Sorry if my question shows a lack of understanding and knowledge :)

Tim Thompson
2005-Dec-30, 08:36 PM
Perhaps not accidently, the visible ("eyeball") wavelengths are where the sun emits most of its radiative energy. Our eyes are way too small to see microwaves, or anything longer (any wavelength larger than about the diameter of the pupil of the eye will go unseen).
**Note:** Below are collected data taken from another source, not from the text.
-- ===== src/Sha/Window.antt =====
-- generic/sha1.c and generic/sha2.c: a schedule of sixteen words, in which each word takes the
-- place of the oldest, seen as the end of a schedule that grows.
use e2factory.Common.{
  ℕ, zero, suc, ◌+◌, ◌%◌, ◌≤◌, ◌<◌, ◌≡◌, ◌≢◌, ◌⊎◌, inl, inr, refl, ap, ◌∙◌, sym, List, [], ◌∷◌,
  ◌++◌, get_or, set, length, length-append, length-set, arith,
}

module _ {A : Type 0} where
  pub get_or-set : (xs : List A) (i : ℕ) (x d : A) → i < length xs → get_or (set xs i x) i d ≡ x
  get_or-set [] i x d h = absurd (omega arith)
  get_or-set (y ∷ ys) zero x d h = refl
  get_or-set (y ∷ ys) (suc i) x d h = get_or-set ys i x d (omega arith)

  pub get_or-set_other :
      (xs : List A) (i j : ℕ) (x d : A) → i ≢ j → get_or (set xs j x) i d ≡ get_or xs i d
  get_or-set_other [] i j x d h = refl
  get_or-set_other (y ∷ ys) zero zero x d h = absurd (h refl)
  get_or-set_other (y ∷ ys) zero (suc j) x d h = refl
  get_or-set_other (y ∷ ys) (suc i) zero x d h = refl
  get_or-set_other (y ∷ ys) (suc i) (suc j) x d h = get_or-set_other ys i j x d (λ e. h (ap suc e))

  get_or-append :
      (xs ys : List A) (i : ℕ) (d : A) → i < length xs → get_or (xs ++ ys) i d ≡ get_or xs i d
  get_or-append [] ys i d h = absurd (omega arith)
  get_or-append (x ∷ xs) ys zero d h = refl
  get_or-append (x ∷ xs) ys (suc i) d h = get_or-append xs ys i d (omega arith)

  get_or-append_last : (xs : List A) (x d : A) → get_or (xs ++ (x ∷ [])) (length xs) d ≡ x
  get_or-append_last [] x d = refl
  get_or-append_last (y ∷ ys) x d = get_or-append_last ys x d

-- The last sixteen words of a schedule, each at its index modulo 16.
pub record Window (w s : List ℕ) : Type 0 where
  pub wide : length w ≡ 16
  pub same : (i : ℕ) → i < length s → length s ≤ i + 16 → get_or w (i % 16) 0 ≡ get_or s i 0

pub Window-add :
    (w s : List ℕ) (x : ℕ) → Window w s → Window (set w (length s % 16) x) (s ++ (x ∷ []))
Window-add w s x h = record {
  wide = length-set w (length s % 16) x ∙ h.wide;
  same = λ i before recent. elim (split i (omega (arith, length-append s (x ∷ [])))) [
    | inl here ↦
        ap (λ k. get_or (set w (length s % 16) x) (k % 16) 0) here
        ∙ get_or-set w (length s % 16) x 0 (omega (arith, h.wide))
        ∙ sym (get_or-append_last s x 0)
        ∙ ap (λ k. get_or (s ++ (x ∷ [])) k 0) (sym here)
    | inr older ↦
        get_or-set_other w (i % 16) (length s % 16) x 0
          (λ e. absurd (omega (arith, e, length-append s (x ∷ []))))
        ∙ h.same i older (omega (arith, length-append s (x ∷ [])))
        ∙ sym (get_or-append s (x ∷ []) i 0 older)
  ];
}
  where
    split : (i : ℕ) → i < length s + 1 → (i ≡ length s) ⊎ (i < length s)
    split i h = omega arith
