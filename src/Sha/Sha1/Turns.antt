-- ===== src/Sha/Sha1/Turns.antt =====
-- generic/sha1.c: the calls of R0 to R4, whose five arguments take turns, as rounds of one kind.
use e2factory.Common.{ℕ, zero, suc, ◌+◌, ◌*◌, ◌≡◌, refl, ap, ap₂, ◌∙◌, arith}
use e2factory.Sha.Sha1.{Work, rol, expand, mixed, five, rounds_from}

-- A round of the code under the names of the first.
abbrev pub step : ℕ → Work → Work
step i s =
    let l = expand s.l i in
    let r = s.regs in
    record {
      l = l;
      regs = record {
        a = mixed i r.a r.b r.c r.d r.e l;
        b = r.a;
        c = rol r.b 30;
        d = r.c;
        e = r.d;
      };
    }

unfoldable pub steps : ℕ → ℕ → Work → Work
steps zero i s = s
steps (suc n) i s = steps n (i + 1) (step i s)

pub steps_add : (m n i : ℕ) (s : Work) → steps n (i + m) (steps m i s) ≡ steps (m + n) i s
unfolding steps
steps_add zero n i s =
    let none_more : i + zero ≡ i = omega arith in
    let none_less : n ≡ zero + n = omega arith in ap₂ (λ k j. steps k j s) none_less none_more
steps_add (suc m) n i s =
    let more : i + suc m ≡ i + 1 + m = omega arith in
    let less : suc (m + n) ≡ suc m + n = omega arith in
    ap (λ j. steps n j (steps m (i + 1) (step i s))) more
    ∙ steps_add m n (i + 1) (step i s)
    ∙ ap (λ k. steps k i s) less

-- Five calls bring the names back.
five-steps : (i : ℕ) (s : Work) → five i s ≡ steps 5 i s
unfolding five steps
five-steps i s =
    let second : i + 2 ≡ i + 1 + 1 = omega arith in
    let third : i + 3 ≡ i + 1 + 1 + 1 = omega arith in
    let fourth : i + 4 ≡ i + 1 + 1 + 1 + 1 = omega arith in
    ap₂ step fourth (ap₂ step third (ap (λ k. step k (step (i + 1) (step i s))) second))

pub rounds_from-steps : (n i : ℕ) (s : Work) → rounds_from n i s ≡ steps (5 * n) i s
unfolding rounds_from steps
rounds_from-steps zero i s = refl
rounds_from-steps (suc n) i s =
    let whole : 5 + 5 * n ≡ 5 * suc n = omega arith in
    rounds_from-steps n (i + 5) (five i s)
    ∙ ap (steps (5 * n) (i + 5)) (five-steps i s)
    ∙ steps_add 5 (5 * n) i s
    ∙ ap (λ k. steps k i s) whole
Higher energies, like X- or gamma-rays will probably destroy the retina before being seen by it.

The_Radiation_Specialist
2005-Dec-30, 10:05 PM
Our atmosphere also lets in some radio radio waves from outer space. Why is it that throughout evolution we havent been able to detect the radio waves. Does it have any affect on us?

ToSeek
2005-Dec-30, 10:42 PM
Our atmosphere also lets in some radio radio waves from outer space. Why is it that throughout evolution we havent been able to detect the radio waves. Does it have any affect on us?

In order to pick up any sort of electromagnetic radiation, you need a receiver at least the size of the waves. "Eyes" that could pick up radio waves would be very large.

archman
2005-Dec-30, 11:08 PM
In order to pick up any sort of electromagnetic radiation, you need a receiver at least the size of the waves. "Eyes" that could pick up radio waves would be very large.
Finally, a rationale for Godzilla!

Sam5
2005-Dec-30, 11:43 PM
Our atmosphere also lets in some radio radio waves from outer space. Why is it that throughout evolution we havent been able to detect the radio waves. Does it have any affect on us?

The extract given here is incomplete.